### ABOUT THIS EXERCISE
Transcribe the stretch of entries below from the line with "mul_mono_right (fin (pos c)) (fin a) (fin" through the line with "div_mono : (c", exactly and with both ends included; leave out all other lines.

DATA FOR PROCESSING Start Marker

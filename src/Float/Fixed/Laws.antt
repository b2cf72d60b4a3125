-- ===== src/Float/Fixed/Laws.antt =====
-- The laws of `IsIeee` on the whole ten-thousandths.
use twinval_go_backend.Prelude.{
  ℕ, zero, suc, ◌*◌, ◌/◌, ◌^◌, ◌≤◌, ◌<◌, ◌≡◌, refl, ap, ◌⊎◌, inl, inr, true, arith,
}
use twinval_go_backend.Prelude.Int.{ℤ, pos, negsuc, leb_ℤ}
use twinval_go_backend.Float.{IsIeee, IsNum, IsFinite, fl, ◌⊕◌, ◌⊖◌, ◌⊗◌, ◌⊘◌, ◌≼◌, ◌≺◌}
use native.Mathlib.Nat.{mul-div_cancel_left, mul-div_left}
use twinval_go_backend.Float.Fixed.{
  Fixed, nan, fin, add_ℤ, minus, div_ℕ, times, mul_ℤ, quotient, power_ℕ, fixed_float,
}
use twinval_go_backend.Float.Fixed.Ordered.{
  Fixed-IsOrdered, div_ℕ_mono, times_mono, negate_mono, mul_ℤ_mono_left, mul_ℤ_mono_right,
  quotient_mono, leb_ℤ_refl,
}

mul-IsNum : (x y : Fixed) → IsFinite x → IsFinite y → IsNum (x ⊗ y)
mul-IsNum nan y h k = cc (h.0)
mul-IsNum (fin a) nan h k = cc (k.0)
mul-IsNum (fin a) (fin b) h k = leb_ℤ_refl (mul_ℤ a b)

IsNum-of_mul : (x y : Fixed) → IsNum (x ⊗ y) → IsNum x × IsNum y
IsNum-of_mul nan y h = cc
IsNum-of_mul (fin a) nan h = cc
IsNum-of_mul (fin a) (fin b) h = (leb_ℤ_refl a, leb_ℤ_refl b)

IsNum-of_div : (x y : Fixed) → IsNum (x ⊘ y) → IsNum x × IsNum y
IsNum-of_div nan y h = cc
IsNum-of_div (fin a) nan h = cc
IsNum-of_div (fin a) (fin b) h = (leb_ℤ_refl a, leb_ℤ_refl b)

div-IsNum : (x y : Fixed) → IsNum x → IsFinite y → fl 0 ≺ y → IsNum (x ⊘ y)
div-IsNum nan y h k p = cc
div-IsNum (fin a) nan h k p = cc
div-IsNum (fin a) (fin (pos zero)) h k p = ground arith
div-IsNum (fin a) (fin (pos (suc n))) h k p = leb_ℤ_refl (div_ℕ (times a 10_000) (suc n))
div-IsNum (fin a) (fin (negsuc n)) h k p = ground arith

add_ℤ_mono :
    (a b x y : ℤ) → leb_ℤ a x ≡ true → leb_ℤ b y ≡ true → leb_ℤ (add_ℤ a b) (add_ℤ x y) ≡ true
add_ℤ_mono a b x y h k = ground arith

add_mono : (a b x y : Fixed) → a ≼ x → b ≼ y → IsNum (a ⊕ b) → IsNum (x ⊕ y) → a ⊕ b ≼ x ⊕ y
add_mono (fin a) (fin b) (fin x) (fin y) h k _ _ = add_ℤ_mono a b x y h k
add_mono nan _ _ _ h k p q = cc (h)
add_mono (fin a) nan _ _ h k p q = cc (k)
add_mono (fin a) (fin b) nan _ h k p q = cc (h)
add_mono (fin a) (fin b) (fin x) nan h k p q = cc (k)

minus_mono :
    (a b x y : ℤ) → leb_ℤ a x ≡ true → leb_ℤ y b ≡ true → leb_ℤ (minus a b) (minus x y) ≡ true
minus_mono a b x y h k = ground arith

sub_mono : (a b x y : Fixed) → a ≼ x → y ≼ b → IsNum (a ⊖ b) → IsNum (x ⊖ y) → a ⊖ b ≼ x ⊖ y
sub_mono (fin a) (fin b) (fin x) (fin y) h k _ _ = minus_mono a b x y h k
sub_mono nan _ _ _ h k p q = cc (h)
sub_mono (fin a) nan _ _ h k p q = cc (p)
sub_mono (fin a) (fin b) nan _ h k p q = cc (h)
sub_mono (fin a) (fin b) (fin x) nan h k p q = cc (k)

mul_mono_left : (c x y : Fixed) → fl 0 ≼ c → x ≼ y → IsNum (c ⊗ x) → IsNum (c ⊗ y) → c ⊗ x ≼ c ⊗ y
mul_mono_left (fin (pos c)) (fin a) (fin b) h k _ _ = mul_ℤ_mono_left c a b k
mul_mono_left (fin (negsuc c)) _ _ h k p q = ground arith
mul_mono_left (fin (pos c)) nan _ h k p q = cc (k)
mul_mono_left (fin (pos c)) (fin a) nan h k p q = cc (k)
mul_mono_left nan _ _ h k p q = cc

mul_mono_right : (c x y : Fixed) → fl 0 ≼ c → x ≼ y → IsNum (x ⊗ c) → IsNum (y ⊗ c) → x ⊗ c ≼ y ⊗ c
mul_mono_right (fin (pos c)) (fin a) (fin b) h k _ _ = mul_ℤ_mono_right c a b k
mul_mono_right (fin (negsuc c)) _ _ h k p q = ground arith
mul_mono_right (fin (pos c)) nan _ h k p q = cc (k)
mul_mono_right (fin (pos c)) (fin a) nan h k p q = cc (k)
mul_mono_right nan _ _ h k p q = cc (h)

div_mono : (c x y : Fixed) → IsFinite c → fl 0 ≺ c → x ≼ y → x ⊘ c ≼ y ⊘ c
div_mono (fin (pos (suc c))) (fin a) (fin b) f h k = quotient_mono c a b k
div_mono (fin (pos (suc c))) nan _ f h k = cc (k)
div_mono (fin (pos (suc c))) (fin a) nan f h k = cc (k)
div_mono (fin (pos zero)) _ _ f h k = ground arith
div_mono (fin (negsuc c)) _ _ f h k = ground arith
div_mono nan _ _ f h k = cc (h)

zero_div : (c : Fixed) → IsFinite c → fl 0 ≺ c → fl 0 ⊘ c ≡ fl 0
zero_div (fin (pos (suc c))) f h = ground arith
zero_div (fin (pos zero)) f h = ground arith
zero_div (fin (negsuc c)) f h = ground arith
zero_div nan f h = cc (h)

div_self : (c : Fixed) → IsFinite c → fl 0 ≺ c → c ⊘ c ≡ fl 1
div_self (fin (pos (suc c))) f h =
    ap (λ k. fin (pos k)) (mul-div_cancel_left 10_000 {n = suc c} (omega arith))
div_self (fin (pos zero)) f h = ground arith
div_self (fin (negsuc c)) f h = ground arith
div_self nan f h = cc (h)

power_ℕ-pos : (n k : ℕ) → (m : ℕ) × (power_ℕ (pos n) k ≡ pos m)
power_ℕ-pos n zero = (10_000, refl)
power_ℕ-pos n (suc k) = let (m, e) = power_ℕ-pos n k in (m * n / 10_000, rw e)

pow_nonneg : (x y : Fixed) → fl 0 ≼ x → fl 0 ≼ y → fl 0 ≼ fixed_float.pow x y
pow_nonneg nan _ h f = cc (h)
pow_nonneg (fin a) nan h f = cc (f)
pow_nonneg (fin (negsuc n)) (fin b) h f = ground arith
pow_nonneg (fin (pos n)) (fin (negsuc k)) h f = refl
pow_nonneg (fin (pos n)) (fin (pos k)) h f =
    let (m, e) = power_ℕ-pos n (k / 10_000) in rw e (ground arith)

le_max : (x y : Fixed) → IsNum x → IsNum y → (x ≼ fixed_float.max x y) × (y ≼ fixed_float.max x y)
le_max nan _ h k = cc (h)
le_max (fin a) nan h k = cc (k)
le_max (fin a) (fin b) h k = ground arith

max_cases :
    (x y : Fixed) → IsNum x → IsNum y → (fixed_float.max x y ≡ x) ⊎ (fixed_float.max x y ≡ y)
max_cases nan _ h k = inl refl
max_cases (fin a) nan h k = inr refl
max_cases (fin a) (fin b) h k = ground arith

min_le : (x y : Fixed) → IsNum x → IsNum y → (fixed_float.min x y ≼ x) × (fixed_float.min x y ≼ y)
min_le nan _ h k = cc (h)
min_le (fin a) nan h k = cc (k)
min_le (fin a) (fin b) h k = ground arith

min_cases :
    (x y : Fixed) → IsNum x → IsNum y → (fixed_float.min x y ≡ x) ⊎ (fixed_float.min x y ≡ y)
min_cases nan _ h k = inl refl
min_cases (fin a) nan h k = inr refl
min_cases (fin a) (fin b) h k = ground arith

mul_ℤ_anti_right :
    (c : ℕ) (a b : ℤ) → leb_ℤ a b ≡ true → leb_ℤ (mul_ℤ b (negsuc c)) (mul_ℤ a (negsuc c)) ≡ true
mul_ℤ_anti_right c a b h =
    negate_mono (div_ℕ (times a (suc c)) 10_000) (div_ℕ (times b (suc c)) 10_000)
      (div_ℕ_mono (times a (suc c)) (times b (suc c)) 9999 (times_mono a b (suc c) h))

mul_ℤ_zero : (a : ℤ) → mul_ℤ a (pos 0) ≡ pos 0
mul_ℤ_zero a = ground arith

mul_anti_right : (c x y : Fixed) → c ≼ fl 0 → x ≼ y → IsNum (x ⊗ c) → IsNum (y ⊗ c) → y ⊗ c ≼ x ⊗ c
mul_anti_right (fin (negsuc c)) (fin a) (fin b) h k _ _ = mul_ℤ_anti_right c a b k
mul_anti_right (fin (pos zero)) (fin a) (fin b) h k _ _ =
    rw (mul_ℤ_zero a, mul_ℤ_zero b) (ground arith)
mul_anti_right (fin (pos (suc c))) _ _ h k p q = ground arith
mul_anti_right (fin (pos zero)) nan _ h k p q = cc
mul_anti_right (fin (pos zero)) (fin a) nan h k p q = cc
mul_anti_right (fin (negsuc c)) nan _ h k p q = cc
mul_anti_right (fin (negsuc c)) (fin a) nan h k p q = cc
mul_anti_right nan _ _ h k p q = cc

quotient_exact : (a b q : ℕ) → 0 < q → a * 10_000 ≡ b * q → quotient (pos a) (pos q) ≡ fin (pos b)
quotient_exact a b zero p h = absurd (omega arith)
quotient_exact a b (suc k) p h =
    ap (λ n. fin (pos n)) (rw h (mul-div_left b {n = suc k} (omega arith)))

fl_div : (m n : ℕ) → 0 < n → m * n ≤ 10 ^ 9 → fl {W = Fixed} (m * n) ⊘ fl n ≡ fl m
fl_div m n h k =
    quotient_exact (m * n * 10_000) (m * 10_000) (n * 10_000) (omega arith) (omega arith)

fl_mul : (m n : ℕ) → fl {W = Fixed} m ⊗ fl n ≡ fl (m * n)
fl_mul m n =
    ap (λ k. fin (pos k)) (rw regroup (mul-div_left (m * n * 10_000) {n = 10_000} (omega arith)))
  where
    regroup : m * 10_000 * (n * 10_000) ≡ m * n * 10_000 * 10_000
    regroup = grind arith

pub Fixed-IsIeee : IsIeee Fixed
Fixed-IsIeee = record {
  ordered = Fixed-IsOrdered;
  add-IsNum = ground arith;
  add-IsNum' = ground arith;
  add_nonneg-IsNum = ground arith;
  sub-IsNum = ground arith;
  sub-IsNum' = ground arith;
  sub_finite = λ x y _ _ _ _. refl;
  mul-IsNum = mul-IsNum;
  div-IsNum = div-IsNum;
  add_mono = add_mono;
  sub_mono = sub_mono;
  mul_mono_left = mul_mono_left;
  mul_mono_right = mul_mono_right;
  mul_anti_right = mul_anti_right;
  div_mono = div_mono;
  fl_mul = λ m n _ _ _. fl_mul m n;
  fl_div = fl_div;
  fl_add = ground arith;
  fl_sub = ground arith;
  mul_one = ground arith;
  one_mul = ground arith;
  mul_zero = ground arith;
  zero_mul = ground arith;
  add_zero = ground arith;
  zero_add = ground arith;
  sub_zero = ground arith;
  sub_self = ground arith;
  zero_div = zero_div;
  div_self = div_self;
  abs_nonneg = ground arith;
  le_max = le_max;
  max_cases = max_cases;
  min_le = min_le;
  min_cases = min_cases;
  min_nan_left = ground arith;
  pow_nonneg = pow_nonneg;
  IsNum-of_add = ground arith;
  IsNum-of_sub = ground arith;
  IsNum-of_mul = IsNum-of_mul;
  IsNum-of_div = IsNum-of_div;
}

DATA FOR PROCESSING End Marker

### EXPECTED ANSWER
mul_mono_right (fin (pos c)) (fin a) (fin b) h k _ _ = mul_ℤ_mono_right c a b k
mul_mono_right (fin (negsuc c)) _ _ h k p q = ground arith
mul_mono_right (fin (pos c)) nan _ h k p q = cc (k)
mul_mono_right (fin (pos c)) (fin a) nan h k p q = cc (k)
mul_mono_right nan _ _ h k p q = cc (h)

div_mono : (c x y : Fixed) → IsFinite c → fl 0 ≺ c → x ≼ y → x ⊘ c ≼ y ⊘ c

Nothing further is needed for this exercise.